Du cynisme et de l’importance d’habiller un titre.

-Moi c’est Tanya.
-Enchanté, Danielle.
-Pas Danielle, Tanya.

« Pourquoi? », tu me demandes. Je ne sais pas. Mais je suis pourtant certaine que je prononce bien mon propre prénom depuis le début.

***

Mon ami Louis jugera peut-être mon titre, qui lui rappellera ceux des mémoires de maîtrise qui traînent à la bibliothèque de l’université. C’est lui qui l’a dit. Mais j’aime ben ça, moi, écrire un petit titre pompeux de temps en temps. C’est classique, et ça me donne un air intelligent. C’est comme un foulard qu’on agence avec un beau jeans ou un pantalon sport, comme dirait ma mère. J’aime ça, mettre un petit titre habillé en haut de mon texte sport. Et si ma conclusion est une bottine en cuir, j’ai presque l’air d’avoir écrit quelque chose d’intéressant.

Au Cégep, j’ai gagné un concours de poésie. Je venais de lire Ainsi parlait Zarathoustra sans trop comprendre, mais les discours m’avaient inspiré un titre habillé : De la nuit. Les juges ont dû se dire que j’étais pas mal fancy pour une cégépienne. Ceci étant dit, on ne portait pas de foulards à l’époque, mais plutôt des chemises à carreaux aux manches coupées en se disant que Longueuil c’était un peu comme Seattle, alors la métaphore ne fonctionne pas. Disons alors que mon titre était un petit collier de la boutique Inca qui m’a valu la publication de mon poème dans le journal étudiant. La preuve qu’un titre bien choisi peut nous mener très, très loin.

Oui, je suis cynique, et je ne me soigne pas tellement. Cynique, mais pas amère. C’est moi la fille qui sauve les mouches dans la piscine, en été. Je suis spéciale comme ça.

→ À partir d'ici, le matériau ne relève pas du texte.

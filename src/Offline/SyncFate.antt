-- ===== src/Offline/SyncFate.antt =====
-- What `triggerSync` does to each stored action, whatever the server and the browser answer.
use vault_drive.Base.{
  ℕ, true, text_eq, option_eq, String, Option, some, List, [], ◌∷◌, ◌≡◌, ◌≢◌, inl, inr, refl, arith,
  Outcome, ok, throw, Option-cases, Bool-cases, number_eq, get_elem?, suc, zero, is_empty,
}
use vault_drive.Offline.Sync.{
  OfflineAction, SyncableOfflineAction, OfflineSyncResult, chunk_offline_actions,
}
use vault_drive.Offline.Queue.{OfflineQueue}
use vault_drive.Offline.Dashboard.{results, SyncEnvironment, ready_actions, perform_sync}
use vault_drive.Offline.Fate.{stored, Fate, untouched}
use vault_drive.Offline.Chunks.{concat, chunk_offline_actions_requests}
use vault_drive.Offline.Classify.{is_sendable, classify_offline_actions-partition}
use vault_drive.Offline.Match.{answers, match_offline_sync_results-remove}
use vault_drive.Base.{filter, truthy_text_iff}
use vault_drive.Offline.Queue.{get_offline_queue}
use vault_drive.Offline.Sync.{as_syncable}
use vault_drive.Base.{get_elem?-map_back, get_elem?-front, get_elem?-behind, get_elem?-filter}
use vault_drive.Offline.SyncSteps.{Allows, sync_chunks-Fate}

-- The action `k` was ready when the queue was read.
abbrev pub WasReady : List SyncableOfflineAction → ℕ → Type 0
WasReady ready k = (n : ℕ) × (a : SyncableOfflineAction) × (get_elem? ready n ≡ some a) × (a.id ≡ k)

-- A request was answered with one result for the action `k`, for its file, that says success.
pub record Confirmed (env : SyncEnvironment) (ready : List SyncableOfflineAction) (k : ℕ)
    : Type 0 where
  pub action : SyncableOfflineAction
  pub position : ℕ
  pub request : List SyncableOfflineAction
  pub response : List OfflineSyncResult
  pub answer : OfflineSyncResult
  pub was_ready : get_elem? ready position ≡ some action
  pub keyed : action.id ≡ k
  pub answered : env.respond request ≡ results response
  pub only_answer : answers action.action_id response ≡ answer ∷ []
  pub same_file : answer.file_id ≡ some action.action.file_id
  pub success : answer.success ≡ some true

get_elem?-concat :
    (chunks : List (List SyncableOfflineAction)) (j i : ℕ) (chunk : List SyncableOfflineAction)
    (a : SyncableOfflineAction)
    → get_elem? chunks j ≡ some chunk
    → get_elem? chunk i ≡ some a
    → (n : ℕ) × (get_elem? (concat chunks) n ≡ some a)
get_elem?-concat [] j i chunk a hj hi = cc hj
get_elem?-concat (c ∷ chunks) zero i chunk a hj hi =
    (i, get_elem?-front c (concat chunks) i a (let e : c ≡ chunk = cc hj in rw e hi))
get_elem?-concat (c ∷ chunks) (suc j) i chunk a hj hi =
    let (n, h) = get_elem?-concat chunks j i chunk a hj hi in
    get_elem?-behind c (concat chunks) n a h

as_syncable-named :
    (owner : Option String) (b : OfflineAction)
    → is_sendable owner b ≡ true
    → (as_syncable b).action_id ≢ ""
unfolding is_sendable
as_syncable-named owner b h = elim (Option-cases b.action_id) [
  | inl missing ↦ absurd (ground (arith, h, missing))
  | inr (id, e) ↦ λ empty. ground (arith, h, e, empty, truthy_text_iff id)
]

ready_named :
    (q : OfflineQueue) (owner : Option String) (n : ℕ) (a : SyncableOfflineAction)
    → get_elem? (ready_actions owner q) n ≡ some a
    → a.action_id ≢ ""
unfolding ready_actions
ready_named q owner n a h =
    let parts = classify_offline_actions-partition (get_offline_queue q) owner in
    let (b, hb, e) =
      get_elem?-map_back as_syncable (filter (is_sendable owner) (get_offline_queue q)) n a
        (rw parts.0 at h) in
    rw e (
      as_syncable-named owner b (get_elem?-filter (is_sendable owner) (get_offline_queue q) n b hb))

-- What the requests' actions and answers allow.
requests_allow :
    (env : SyncEnvironment) (owner : Option String) (q : OfflineQueue) (k j : ℕ)
    (chunk : List SyncableOfflineAction)
    → get_elem? (chunk_offline_actions env.json_bytes 100 900_000 (ready_actions owner q)) j
      ≡ some chunk
    → Allows
        (WasReady (ready_actions owner q) k)
        (Confirmed env (ready_actions owner q) k)
        env
        k
        chunk
requests_allow env owner q k j chunk hj = (
  λ i a hi e. let (n, h) = place i a hi in (n, a, h, e),
  λ rs i a answered hi removes e.
      let (n, h) = place i a hi in
      let (r, only, file, success) =
        (match_offline_sync_results-remove chunk rs i a hi (ready_named q owner n a h)).0 removes in
      record {
        action = a;
        position = n;
        request = chunk;
        response = rs;
        answer = r;
        was_ready = h;
        keyed = e;
        answered = answered;
        only_answer = only;
        same_file = file;
        success = success;
      },
)
  where
    place :
        (i : ℕ) (a : SyncableOfflineAction)
        → get_elem? chunk i ≡ some a
        → (n : ℕ) × (get_elem? (ready_actions owner q) n ≡ some a)
    place i a hi =
        let all_sent =
          (chunk_offline_actions_requests env.json_bytes 100 900_000 (ready_actions owner q)
            (omega arith)).0 in
        let (n, h) = get_elem?-concat _ j i chunk a hj hi in (n, rw all_sent at h)

-- Whatever the server and the browser answer, a sync leaves each stored action as it is, or, if it
-- was ready, changes its status, error and time of attempt alone, or, if it was ready and confirmed,
-- removes it.
pub perform_sync-Fate :
    (env : SyncEnvironment) (owner : Option String) (reading : Outcome (Unit {0}))
    (q : OfflineQueue) (k : ℕ)
    → Fate
        (WasReady (ready_actions owner q) k)
        (Confirmed env (ready_actions owner q) k)
        (stored k q)
        (stored k (perform_sync env owner reading q).1.queue)
unfolding perform_sync
perform_sync-Fate env owner (throw e) q k = untouched refl
perform_sync-Fate env owner (ok u) q k = elim (Bool-cases (is_empty (ready_actions owner q))) [
  | inl nothing ↦ rw (perform_sync, nothing) (untouched refl)
  | inr something ↦
      rw (perform_sync, something)
        (sync_chunks-Fate _ _ env k
          (chunk_offline_actions env.json_bytes 100 900_000 (ready_actions owner q)) _
          (requests_allow env owner q k))
]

Je ne sais pas à quel moment on passe de l’autre côté de la force, où nos observations sur ce qui agace deviennent des commentaires sifflés entre les dents qui sucent tout l’air d’une pièce et qui finissent par un « en tout cas » sans appel. (Cue le proverbial « Poser la question c’est y répondre ». D’accord, je suce peut-être l’air des fleurs bleues. Mais je pense que c’est correct de les étourdir un peu.) D’ici là, je ne me soigne pas. Tant qu’il y aura le calendrier de Justin Trudeau et des gens qui ne savent pas qu’on doit faire face aux portes dans un wagon de métro, tant qu’à l’épicerie on me fera saigner les oreilles avec du pop adulte où la saxophone ne mérite pas d’être au masculin, et aussi longtemps qu’on continuera d’utiliser le verbe « vitaminer », vous pourrez compter sur moi. Baby, I’m your man. (Attends, y’avait-tu de la saxophone dans cette chanson-là?)

On parlait de quoi, déjà? De cynisme et d’accessoires.

Donc, je suis cynique et je porte souvent des foulards. J’aime aussi les bottines. Je ne sais pas ce que ça fait de moi. Peut-être quelqu’un de presque intéressant qui s’appellerait Danielle.

Une chose est certaine, je promets de ne jamais utiliser les adjectifs « ludique » et « festif ». Sérieux, tout le monde, on arrête ça.